Entrando più in dettaglio rispetto alla tipologia di spese, per la sanità nel 2020 si è speso il 7,4% del PIL. Nel 2025 si prevede di scendere al 6,2%, per poi risalire lentamente fino al 7,2% del 2050 e 2070. La drastica riduzione di 1,2 punti di PIL prevista tra il 2020 e il 2025 (cioè oltre 20 miliardi di euro di differenza) è impressionate. A quanto pare la pandemia non ha insegnato nulla.
La spesa socio-assistenziale salirà dall’1,1% del 2020 all’1,4% del 2050 e 2070. Un aumento probabilmente insufficiente se si considera che in Italia la popolazione anziana (over 65 anni) era del 23,2% nel 2020 e sarà al 33% nel 2070.
La spesa per le pensioni è stata del 16,9% del PIL nel 2020 e si prevede che scenda al 15,8% nel 2050 e al 13,8% nel 2070. Il dato sembra in contraddizione con il notevole incremento dell’indice di dipendenza degli anziani (cioè il rapporto tra pensionati e lavoratori attivi), che dal 36,4% del 2020 arriverà sopra il 60% già nel 2045 e rimarrà sostanzialmente stabile fino al 2070. Dato che il numero di pensionati in percentuale è destinato ad aumentare, se ne deduce che la media del valore delle pensioni tenderà ad abbassarsi.

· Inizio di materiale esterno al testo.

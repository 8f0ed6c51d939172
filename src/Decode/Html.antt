-- ===== src/Decode/Html.antt =====
-- `_http_html_entities_decode_inplace` of http/http_decode.c, which undoes HTML entities. The loop
-- reads at `i` and writes at `d`; here the argument is the input from `i` on and the result the bytes
-- written. The number that `strtol` reads from the digits of an entity, as an `unsigned char`, is the
-- argument `value` of the functions, for a base and the text from the first digit on.
pub mod Bounds
pub mod RoundTrip
use xxx.Prelude.{
  ℕ, zero, suc, ◌+◌, ◌-◌, ◌==◌, Bool, true, false, ◌&&◌, ◌||◌, Option, none, some, List, [], ◌∷◌,
  ◌++◌, leb, ltb, if◌then◌else◌, ◌>>=◌, length, take, drop,
}
use xxx.Decode.Digit.{starts_nocase}
use xxx.Decode.Escape.{is_xdigit}

-- `isdigit` and `isalnum` of the C locale.
abbrev pub is_digit : ℕ → Bool
is_digit c = leb b'0' c && leb c b'9'

abbrev pub is_alnum : ℕ → Bool
is_alnum c = is_digit c || leb b'a' c && leb c b'z' || leb b'A' c && leb c b'Z'

-- `while((j < input_len)&&(test(input[j]))) j++;`: how far it goes, and the input from there on.
unfoldable pub run : (ℕ → Bool) → List ℕ → ℕ × List ℕ
run test [] = (0, [])
run test (c ∷ cs) = let (n, rest) = run test cs in if test c then (suc n, rest) else (0, c ∷ cs)

-- The semicolon is skipped if it is there.
abbrev pub skip_semicolon : List ℕ → List ℕ
skip_semicolon [] = []
skip_semicolon (c ∷ cs) = if c == b';' then cs else c ∷ cs

-- The entities that have a name.
unfoldable pub named : List ℕ → Option ℕ
named x =
    if starts_nocase (b'q' ∷ b'u' ∷ b'o' ∷ b't' ∷ []) x
    then some 34
    else if starts_nocase (b'a' ∷ b'm' ∷ b'p' ∷ []) x
    then some b'&'
    else if starts_nocase (b'l' ∷ b't' ∷ []) x
    then some b'<'
    else if starts_nocase (b'g' ∷ b't' ∷ []) x
    then some b'>'
    else if starts_nocase (b'n' ∷ b'b' ∷ b's' ∷ b'p' ∷ []) x
    then some 32
    else none

-- What a round does: it writes a byte and goes on behind the entity, or copies some bytes.
pub data Round : Type 0 where
  put : ℕ → List ℕ → Round
  copy : ℕ → Round

-- An entity by its number, for the digits that begin at `x`.
unfoldable pub numeric : (value : ℕ → List ℕ → ℕ) → ℕ → (ℕ → Bool) → ℕ → List ℕ → Round
unfolding run
numeric value base test skipped x =
    let (n, rest) = run test x in
    if n == 0 then copy skipped else put (value base x) (skip_semicolon rest)

unfoldable pub by_name : List ℕ → Round
unfolding run named
by_name x =
    let (n, rest) = run is_alnum x in
    if n == 0
    then copy 1
    else (elim (named x) [ none ↦ copy (suc n) | some b ↦ put b (skip_semicolon rest) ])

-- A round at an ampersand.
unfoldable pub entity : (value : ℕ → List ℕ → ℕ) → List ℕ → Round
unfolding numeric by_name
entity value [] = copy 1
entity value (c ∷ []) = if c == b'#' then copy 2 else by_name (c ∷ [])
entity value (c ∷ d ∷ x) =
    if c == b'#'
    then if d == b'x' || d == b'X'
      then numeric value 16 is_xdigit 3 x
      else numeric value 10 is_digit 2 (d ∷ x)
    else by_name (c ∷ d ∷ x)

unfoldable pub round : (value : ℕ → List ℕ → ℕ) → ℕ → List ℕ → Round
unfolding entity
round value c rest = if c == b'&' then entity value rest else copy 1

abbrev pub min : ℕ → ℕ → ℕ
min a b = if leb a b then a else b

-- The loop, for `room`, the number `input_len - count`; `none` means that the fuel ran out.
unfoldable pub html_loop : (value : ℕ → List ℕ → ℕ) → ℕ → ℕ → List ℕ → Option (List ℕ)
unfolding round
html_loop value zero room input = none
html_loop value (suc fuel) room [] = some []
html_loop value (suc fuel) zero (c ∷ rest) = some []
html_loop value (suc fuel) (suc room) (c ∷ rest) = elim (round value c rest) [
  | put b more ↦ (do out ← html_loop value fuel room more; some (b ∷ out))
  | copy n ↦
      let k = min n (suc room) in
      (do
        out ← html_loop value fuel (suc room - k) (drop k (c ∷ rest))
        some (take k (c ∷ rest) ++ out))
]

abbrev pub max_decode_len : ℕ
max_decode_len = 16384

-- `_http_html_entities_decode_inplace`: a round reads at least one byte, so the length is fuel
-- enough.
unfoldable pub html_decode : (value : ℕ → List ℕ → ℕ) → List ℕ → Option (List ℕ)
html_decode value input =
    if ltb max_decode_len (length input)
    then some []
    else html_loop value (suc (length input)) (length input) input
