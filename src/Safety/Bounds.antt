-- ===== src/Safety/Bounds.antt =====
-- The output of `clamp_enabled_power`, whatever the requested number is.
use jebao_flow_engine.Base.{ℕ, ◌+◌, ◌≤◌, ◌≡◌, refl, Bool, true, false, arith, Bool-cases, inl, inr}
use jebao_flow_engine.Base.Result.{ok}
use jebao_flow_engine.Floats.{Floats, FloatLaws}
use jebao_flow_engine.Safety.{PowerLimits, clamp, clamp_enabled_power}

module _ (F : Floats) (L : FloatLaws F) where
  open F use {Float, of_nat, literal, add, lt, le, truncate}

  -- Half-up rounding of a number between two whole numbers stays between them.
  half_up_between :
      (lo hi : ℕ) (x : Float)
      → hi ≤ 100
      → lo ≤ hi
      → le (of_nat lo) x ≡ true
      → le x (of_nat hi) ≡ true
      → (lo ≤ truncate (add x (literal 5 1))) × (truncate (add x (literal 5 1)) ≤ hi)
  half_up_between lo hi x h ord a b =
      let half = literal 5 1 in
      let upper = L.add_half_mono x (of_nat hi) b in
      let bound = L.le_trans _ _ _ upper (L.half_le hi h) in
      let low =
        L.truncate_mono (hi + 1) (add (of_nat lo) half) (add x half) (L.add_half_mono _ _ a)
          bound in
      let high =
        L.truncate_mono (hi + 1) (add x half) (add (of_nat hi) half) upper (L.half_le hi h) in
      omega (arith, low, high, L.truncate_half lo (omega arith), L.truncate_half hi h)

  -- The clamped number lies between the limits even where the request is a NaN.
  pub clamp_between :
      (value : Float) (lo hi : ℕ)
      → lo ≤ hi
      → (x : Float) × (clamp F value (of_nat lo) (of_nat hi) ≡ ok x)
        × (le (of_nat lo) x ≡ true)
        × (le x (of_nat hi) ≡ true)
  unfolding clamp
  clamp_between value lo hi h = elim (Bool-cases (lt (of_nat hi) value)) [
    | inl above ↦ elim (Bool-cases (lt (of_nat lo) (of_nat hi))) [
      | inl apart ↦ (
        of_nat hi,
        rw (L.not_lt_of_nat lo hi h, above, apart),
        L.of_nat_le lo hi h,
        L.of_nat_le hi hi (omega arith),
      )
      | inr same ↦ (
        of_nat lo,
        rw (L.not_lt_of_nat lo hi h, above, same),
        L.of_nat_le lo lo (omega arith),
        L.of_nat_le lo hi h,
      )
    ]
    | inr within ↦ elim (Bool-cases (lt (of_nat lo) value)) [
      | inl above ↦ (
        value,
        rw (L.not_lt_of_nat lo hi h, within, above),
        L.le_of_lt _ _ above,
        L.le_of_not_lt lo hi value above within,
      )
      | inr below ↦ (
        of_nat lo,
        rw (L.not_lt_of_nat lo hi h, within, below),
        L.of_nat_le lo lo (omega arith),
        L.of_nat_le lo hi h,
      )
    ]
  ]

  -- For limits in order and at most 100, `clamp_enabled_power` always returns a number. It is 0 when disabled, and
  -- between the two limits when enabled, whatever float was requested.
  pub clamp_enabled_power_bounds :
      (value : Float) (limits : PowerLimits) (enabled : Bool)
      → limits.min_power ≤ limits.max_power
      → limits.max_power ≤ 100
      → (power : ℕ) × (clamp_enabled_power F value limits enabled ≡ ok power)
        × (enabled ≡ false → power ≡ 0)
        × (enabled ≡ true → (limits.min_power ≤ power) × (power ≤ limits.max_power))
  unfolding clamp_enabled_power
  clamp_enabled_power_bounds value limits false h hi = (0, refl, λ e. refl, λ e. cc)
  clamp_enabled_power_bounds value limits true h hi =
      let (x, done, a, b) = clamp_between value limits.min_power limits.max_power h in
      (
        truncate (add x (literal 5 1)),
        rw done,
        λ e. cc,
        λ e. half_up_between limits.min_power limits.max_power x hi h a b,
      )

Uno dei pochi dati che si possono considerare positivi è la partecipazione delle donne al lavoro. Nel 2020 è stata del 54,1%, nel 2030 dovrebbe raggiungere il 60% e si prevede al 62,6% nel 2070.
La spesa per l’istruzione è stata del 4% del PIL nel 2020. Si prevede che scenda al 3,4% nel 2035 e fino al 2070. La diminuzione viene giustificata con il calo degli studenti indotto dalle dinamiche demografiche, ma probabilmente senza tenere conto della evidente necessità di aumentare il tempo dell’obbligo scolastico e l’investimento per l’istruzione.
Il debito pubblico, che nel 2020 è stato del 155% rispetto al PIL, dovrebbe toccare il punto più basso (circa il 140%) nel 2026, raggiungere il record assoluto (circa il 180%) nel 2055, per poi ridiscendere (a circa il 165%) nel 2070. I dati sono assai preoccupanti, poiché l’Italia non è mai stata così indebitata.
Molto interessante l’influsso delle politiche migratorie rispetto allo sviluppo del debito pubblico previsto nel DEF: “Si osserva un impatto particolarmente rilevante, in quanto, data la struttura demografica degli immigrati che entrano in Italia, l’effetto è significativo sulla popolazione residente in età lavorativa e quindi sull’offerta di lavoro. Il rapporto debito/PIL nei due scenari alternativi a fine periodo arriva a variare rispetto allo scenario di riferimento di oltre 30 punti percentuali”.
Secondo i calcoli del DEF se gli immigrati aumentassero del 33% rispetto al ritmo attuale, nel 2070 il debito pubblico sarebbe più basso di almeno 30 punti rispetto al PIL (cioè circa 135% anziché 165%). Se invece il flusso degli immigrati calasse del 33%, nel 2070 il debito aumenterebbe di oltre 30 punti sul PIL (cioè dal 165% a circa il 200%). Dati e scenari che dovrebbero far riflettere.